### Records excerpted from a collection
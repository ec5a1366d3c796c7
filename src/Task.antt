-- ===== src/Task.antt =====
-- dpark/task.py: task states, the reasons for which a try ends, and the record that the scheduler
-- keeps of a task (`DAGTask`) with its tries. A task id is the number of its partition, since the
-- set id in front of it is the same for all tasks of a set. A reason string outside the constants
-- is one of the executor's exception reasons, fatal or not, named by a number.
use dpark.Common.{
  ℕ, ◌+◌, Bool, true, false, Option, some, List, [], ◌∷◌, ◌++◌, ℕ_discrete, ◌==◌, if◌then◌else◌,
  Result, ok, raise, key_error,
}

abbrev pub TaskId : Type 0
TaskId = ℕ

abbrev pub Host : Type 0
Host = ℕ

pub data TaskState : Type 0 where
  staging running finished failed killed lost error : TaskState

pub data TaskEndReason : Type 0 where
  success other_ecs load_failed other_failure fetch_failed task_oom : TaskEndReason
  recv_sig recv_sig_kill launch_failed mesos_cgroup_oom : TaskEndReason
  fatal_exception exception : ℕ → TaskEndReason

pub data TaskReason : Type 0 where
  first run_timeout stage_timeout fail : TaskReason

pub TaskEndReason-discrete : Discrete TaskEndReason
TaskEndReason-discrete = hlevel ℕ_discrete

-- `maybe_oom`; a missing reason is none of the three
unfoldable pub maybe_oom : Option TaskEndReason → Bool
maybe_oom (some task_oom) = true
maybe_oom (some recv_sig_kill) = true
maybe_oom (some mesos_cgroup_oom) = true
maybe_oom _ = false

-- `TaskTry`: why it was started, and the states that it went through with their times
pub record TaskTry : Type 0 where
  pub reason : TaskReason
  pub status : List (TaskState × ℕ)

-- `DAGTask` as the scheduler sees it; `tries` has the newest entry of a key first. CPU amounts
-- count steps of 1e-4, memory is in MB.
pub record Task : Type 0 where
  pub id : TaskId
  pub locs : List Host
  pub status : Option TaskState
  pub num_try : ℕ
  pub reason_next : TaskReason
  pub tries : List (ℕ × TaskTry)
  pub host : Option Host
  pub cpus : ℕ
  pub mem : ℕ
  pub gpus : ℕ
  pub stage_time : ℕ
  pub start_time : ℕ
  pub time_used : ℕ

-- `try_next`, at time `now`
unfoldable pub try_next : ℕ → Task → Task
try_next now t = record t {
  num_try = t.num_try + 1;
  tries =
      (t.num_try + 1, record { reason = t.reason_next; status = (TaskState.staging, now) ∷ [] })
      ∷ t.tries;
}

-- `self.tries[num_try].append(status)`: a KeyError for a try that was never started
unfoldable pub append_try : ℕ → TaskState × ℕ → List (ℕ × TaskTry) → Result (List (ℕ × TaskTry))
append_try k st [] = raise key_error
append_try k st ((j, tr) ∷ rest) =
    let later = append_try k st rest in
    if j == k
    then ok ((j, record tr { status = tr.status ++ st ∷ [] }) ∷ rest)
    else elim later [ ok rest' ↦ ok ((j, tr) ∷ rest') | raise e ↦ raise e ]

### Your instructions
Please give back, exactly as it stands above, the stretch from the line with "pub data TaskEndReason : Type 0 where" through the line with "unfoldable pub try_next : ℕ → Task → Task", and no line outside it.

### Task answer
pub data TaskEndReason : Type 0 where
  success other_ecs load_failed other_failure fetch_failed task_oom : TaskEndReason
  recv_sig recv_sig_kill launch_failed mesos_cgroup_oom : TaskEndReason
  fatal_exception exception : ℕ → TaskEndReason

pub data TaskReason : Type 0 where
  first run_timeout stage_timeout fail : TaskReason

pub TaskEndReason-discrete : Discrete TaskEndReason
TaskEndReason-discrete = hlevel ℕ_discrete

-- `maybe_oom`; a missing reason is none of the three
unfoldable pub maybe_oom : Option TaskEndReason → Bool
maybe_oom (some task_oom) = true
maybe_oom (some recv_sig_kill) = true
maybe_oom (some mesos_cgroup_oom) = true
maybe_oom _ = false

-- `TaskTry`: why it was started, and the states that it went through with their times
pub record TaskTry : Type 0 where
  pub reason : TaskReason
  pub status : List (TaskState × ℕ)

-- `DAGTask` as the scheduler sees it; `tries` has the newest entry of a key first. CPU amounts
-- count steps of 1e-4, memory is in MB.
pub record Task : Type 0 where
  pub id : TaskId
  pub locs : List Host
  pub status : Option TaskState
  pub num_try : ℕ
  pub reason_next : TaskReason
  pub tries : List (ℕ × TaskTry)
  pub host : Option Host
  pub cpus : ℕ
  pub mem : ℕ
  pub gpus : ℕ
  pub stage_time : ℕ
  pub start_time : ℕ
  pub time_used : ℕ

-- `try_next`, at time `now`
unfoldable pub try_next : ℕ → Task → Task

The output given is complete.